Quando uno fa del male come reazione a un male, chiude la parentesi del male; in questo caso vige la legge del taglione, chi è stato offeso può domandare giustizia: giustizia che è sempre una larvata forma di vendetta e, una volta soddisfatta l'esigenza di giustizia, la parentesi è chiusa, l'offensore ha pagato, non deve più nulla; l'offeso non ha più alcun diritto. Ma se chi ha ricevuto l'offesa non reagisce, l'offensore apre in sé un vuoto che sarà fatalmente ricolmato da un'altra offesa, anche se interviene il perdono dell'offeso.

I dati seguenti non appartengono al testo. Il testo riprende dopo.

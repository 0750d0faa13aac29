-- ===== src/Check/Indent/Repair.antt =====
-- `fix_json_newlines` of the check tool: the repair of the indentation.
use sigmacatch.Regression.TestsPath.Laws.{
  IsPlain, HasNoReturn, concat_lines, ended-All, lines-concat_lines, split_on-All,
}
use sigmacatch.Regression.TestsPath.{join, lines}
use sigmacatch.Text.{is_space}
use sigmacatch.Auditd.RawFields.{split_on}
use sigmacatch.Lines.{
  Line, indent_of, is_item, is_remark, strip_dashes, trim_left, trim_line, spaces_before,
}
use sigmacatch.Lines.Laws.{
  indent_of-spaces_before, indent_of-trim_left, trim_left-spaces_before, trim_left-trim_left,
}
use sigmacatch.Check.Indent.{
  Template, before_colon, body_of, find_template, keyed, or_zero, reindented, template_of,
  any_differs, differs, with_indent, reindent_line, significant, yaml_lines, yaml_template, Misfit,
  canonical_indent, first_misfit, fix_indentation, misfit, needs_reindent, reindent_yaml,
  trim_newlines, validate_yaml_indentation, without_bom, against_canonical, fix_against,
}
use sigmacatch.Prelude.{
  All, Bool, Bool-cases, List, Option, [], ap, append-nil, append_assoc, arith, false,
  if◌then◌else◌, inl, inr, map, none, refl, some, suc, sym, true, zero, ℕ, ◌&&◌, ◌++◌, ◌==◌, ◌∙◌,
  ◌∷◌, ◌≡◌,
}

keyed-item : (key k : Line) (b : Bool) → keyed key b ≡ some (k, true) → b ≡ true
keyed-item [] k b h = absurd (cc)
keyed-item (c ∷ key) k true h = refl
keyed-item (c ∷ key) k false h = absurd (cc)

-- An item's template is that of its body.
template_of-item :
    (t k : Line)
    → template_of t ≡ some (k, true)
    → keyed (trim_line (before_colon (trim_left (strip_dashes t)))) true ≡ some (k, true)
unfolding template_of
template_of-item t k h = elim (Bool-cases (is_remark t)) [
  | inl r ↦ absurd (cc (rw r at h))
  | inr f ↦
      let h' : keyed (trim_line (before_colon (body_of t))) (is_item t) ≡ some (k, true) =
        rw f at h in
      let item : is_item t ≡ true = keyed-item _ k (is_item t) h' in rw item at h'
]

template_of-dash :
    (t k : Line)
    → template_of t ≡ some (k, true)
    → template_of (45 ∷ 32 ∷ trim_left (strip_dashes t)) ≡ some (k, true)
unfolding template_of trim_left strip_dashes
template_of-dash t k h =
    ap (λ l. keyed (trim_line (before_colon l)) true) (trim_left-trim_left (strip_dashes t))
    ∙ template_of-item t k h

-- A line with a key keeps its key, and gets the canonical indentation of the key.
reindented-template :
    (canonical : List (Template × ℕ)) (line k : Line) (item : Bool)
    → template_of (trim_left line) ≡ some (k, item)
    → (let new = reindented canonical line (trim_left line) (some (k, item)) in
        (template_of (trim_left new) ≡ some (k, item))
        × (indent_of new ≡ or_zero (find_template (k, item) canonical)))
unfolding indent_of trim_left
reindented-template canonical line k true h =
    let n = or_zero (find_template (k, true) canonical) in
    let body = 45 ∷ 32 ∷ trim_left (strip_dashes (trim_left line)) in
    (
      ap template_of (trim_left-spaces_before n body) ∙ template_of-dash (trim_left line) k h,
      omega (arith, indent_of-spaces_before n body),
    )
reindented-template canonical line k false h =
    let n = or_zero (find_template (k, false) canonical) in
    (
      ap template_of (trim_left-spaces_before n (trim_left line) ∙ trim_left-trim_left line) ∙ h,
      omega (arith, indent_of-spaces_before n (trim_left line), indent_of-trim_left line),
    )

abbrev pub is_some {ℓ} : {A : Type ℓ} → Option A → Bool
is_some none = false
is_some (some a) = true

-- Every key of the lines is a key of the canonical text.
abbrev pub all_known : List (Template × ℕ) → List (Template × ℕ) → Bool
all_known canonical [] = true
all_known canonical ((t, n) ∷ ls) = is_some (find_template t canonical) && all_known canonical ls

known-or_zero : (o : Option ℕ) → is_some o ≡ true → differs (or_zero o) o ≡ false
known-or_zero none h = absurd (cc)
known-or_zero (some n) h = ground arith

-- The line behind the repair has no key, or its key and the canonical indentation.
line_mended :
    (canonical : List (Template × ℕ)) (line : Line) (o : Option Template)
    (rest later : List (Template × ℕ))
    → template_of (trim_left line) ≡ o
    → all_known canonical (with_indent (indent_of line) o rest) ≡ true
    → (let new = reindented canonical line (trim_left line) o in
        (any_differs canonical (with_indent (indent_of new) (template_of (trim_left new)) later)
          ≡ any_differs canonical later)
        × (all_known canonical rest ≡ true))
unfolding any_differs
line_mended canonical line none rest later e h = (rw e refl, h)
line_mended canonical line (some (k, item)) rest later e h =
    let (template, indent) = reindented-template canonical line k item e in
    let known : is_some (find_template (k, item) canonical) ≡ true = ground arith in
    (
      rw (template, indent) (rw (known-or_zero (find_template (k, item) canonical) known) refl),
      ground arith,
    )

lines_mended :
    (canonical : List (Template × ℕ)) (ls : List Line)
    → all_known canonical (significant ls) ≡ true
    → any_differs canonical (significant (map (reindent_line canonical) ls)) ≡ false
unfolding significant reindent_line any_differs yaml_template
lines_mended canonical [] h = refl
lines_mended canonical (l ∷ ls) h =
    let (here, later) =
      line_mended canonical l (template_of (trim_left l)) (significant ls)
        (significant (map (reindent_line canonical) ls)) refl h in
    here ∙ lines_mended canonical ls later

-- No line gets a line break or a carriage return.
trim_left-IsPlain : (l : Line) → IsPlain l → IsPlain (trim_left l)
unfolding trim_left
trim_left-IsPlain [] h = tt
trim_left-IsPlain (c ∷ l) (p, h) = elim (Bool-cases (is_space c)) [
  | inl t ↦ rw t (trim_left-IsPlain l h)
  | inr f ↦ rw f (p, h)
]

strip_dashes-IsPlain : (l : Line) → IsPlain l → IsPlain (strip_dashes l)
unfolding strip_dashes
strip_dashes-IsPlain [] h = tt
strip_dashes-IsPlain (c ∷ l) (p, h) = elim (Bool-cases (c == 45)) [
  | inl t ↦ rw t (strip_dashes-IsPlain l h)
  | inr f ↦ rw f (p, h)
]

spaces_before-IsPlain : (n : ℕ) (l : Line) → IsPlain l → IsPlain (spaces_before n l)
unfolding spaces_before
spaces_before-IsPlain zero l h = h
spaces_before-IsPlain (suc n) l h =
    (((λ e. omega arith), (λ e. omega arith)), spaces_before-IsPlain n l h)

reindented-IsPlain :
    (canonical : List (Template × ℕ)) (l : Line) (o : Option Template)
    → IsPlain l
    → IsPlain (reindented canonical l (trim_left l) o)
reindented-IsPlain canonical l none h = h
reindented-IsPlain canonical l (some (k, true)) h = spaces_before-IsPlain _ _ (
  ((λ e. omega arith), (λ e. omega arith)),
  (
    ((λ e. omega arith), (λ e. omega arith)),
    trim_left-IsPlain _ (strip_dashes-IsPlain _ (trim_left-IsPlain l h)),
  ),
)
reindented-IsPlain canonical l (some (k, false)) h =
    spaces_before-IsPlain _ _ (trim_left-IsPlain l h)

reindent_lines-IsPlain :
    (canonical : List (Template × ℕ)) (ls : List Line)
    → All IsPlain ls
    → All IsPlain (map (reindent_line canonical) ls)
unfolding reindent_line
reindent_lines-IsPlain canonical [] h = tt
reindent_lines-IsPlain canonical (l ∷ ls) (p, h) =
    (reindented-IsPlain canonical l (yaml_template l) p, reindent_lines-IsPlain canonical ls h)

-- The lines of what is written are the mended lines; an empty text gets a blank line.
join-concat_lines :
    (l : Line) (ls : List Line) → join (l ∷ ls) ++ 10 ∷ [] ≡ concat_lines (l ∷ ls) ++ []
join-concat_lines l [] = sym (append-nil (l ++ 10 ∷ []))
join-concat_lines l (m ∷ ls) =
    append_assoc l (10 ∷ join (m ∷ ls)) (10 ∷ [])
    ∙ ap (λ x. l ++ (10 ∷ x)) (join-concat_lines m ls)
    ∙ sym (append_assoc l (10 ∷ concat_lines (m ∷ ls)) [])

yaml_lines-join :
    (ls : List Line) → All IsPlain ls → yaml_lines (join ls ++ 10 ∷ []) ≡ significant ls
unfolding yaml_lines lines
yaml_lines-join [] h = refl
yaml_lines-join (l ∷ ls) h =
    ap significant
      (ap lines (join-concat_lines l ls) ∙ lines-concat_lines (l ∷ ls) [] h ∙ append-nil (l ∷ ls))

-- The check and the repair agree on what is in order.
first_misfit-none :
    (canonical : Line) (ls : List (Template × ℕ))
    → any_differs (yaml_lines canonical) ls ≡ false
    → first_misfit canonical ls ≡ none
unfolding first_misfit canonical_indent any_differs
first_misfit-none canonical [] h = refl
first_misfit-none canonical ((t, n) ∷ ls) h =
    one (find_template t (yaml_lines canonical)) (first_misfit-none canonical ls (ground arith))
      (ground arith)
  where
    one :
        (o : Option ℕ) {later : Option Misfit}
        → later ≡ none
        → differs n o ≡ false
        → misfit t n o later ≡ none
    one none e d = absurd (cc)
    one (some m) e d = ground arith

lines-IsPlain : (t : Line) → HasNoReturn t → All IsPlain (lines t)
unfolding lines
lines-IsPlain t h = ended-All (split_on 10 t) (split_on-All t h)

yaml_lines-lines : (t : Line) → yaml_lines t ≡ significant (lines t)
unfolding yaml_lines
yaml_lines-lines t = refl

-- What the repair of an `info.yml` writes passes the check of the indentation, which parses the
-- written file again, and needs no repair: for a text without carriage returns and of known keys
-- only, whose repair does not start with a byte order mark and still parses to a document of the
-- same canonical text.
pub fix_indentation-validate :
    (canonical_of : Line → Option Line) (original canonical fixed : Line)
    → canonical_of original ≡ some canonical
    → HasNoReturn original
    → all_known (yaml_lines canonical) (yaml_lines original) ≡ true
    → fix_indentation canonical_of original ≡ some fixed
    → canonical_of fixed ≡ some canonical
    → without_bom fixed ≡ fixed
    → (validate_yaml_indentation canonical_of fixed ≡ none)
      × (needs_reindent fixed canonical ≡ false)
unfolding fix_indentation validate_yaml_indentation needs_reindent reindent_yaml
fix_indentation-validate canonical_of original canonical fixed parsed plain known written again
      bom =
    let cs = yaml_lines canonical in
    let ls = map (reindent_line cs) (lines original) in
    let e : join ls ++ 10 ∷ [] ≡ fixed =
      written_by (needs_reindent (trim_newlines original) canonical) _
        (ap (fix_against original) (sym parsed) ∙ written) in
    let mended : any_differs cs (yaml_lines fixed) ≡ false =
      ap (λ x. any_differs cs (yaml_lines x)) (sym e)
      ∙ ap (any_differs cs) (
          yaml_lines-join ls
            (reindent_lines-IsPlain cs (lines original) (lines-IsPlain original plain)))
      ∙ lines_mended cs (lines original)
          (ap (all_known cs) (sym (yaml_lines-lines original)) ∙ known) in
    (
      ap (against_canonical fixed) again
          ∙ (ap (λ x. first_misfit canonical (yaml_lines x)) bom
              ∙ first_misfit-none canonical (yaml_lines fixed) mended),
      mended,
    )
  where
    written_by : (b : Bool) (t : Line) → (if b then some t else none) ≡ some fixed → t ≡ fixed
    written_by true t h = cc
    written_by false t h = absurd (cc)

Una legge severa presiede a questi meccanismi; così colui che fa il bene, e di questo riceve la ricompensa e la gratitudine del beneficato, chiude la parentesi, e il benefattore ha ricevuto la sua ricompensa; se invece la generosità è gratuita, se l'amore non è limitato da nessuna finalità, se qualcuno rivolge la sua forza di amore e di dono a chi non potrà rispondergli con altra generosità e amore, si stabilisce una corrente di vuoto che sarà colmata da altra generosità e da altro amore.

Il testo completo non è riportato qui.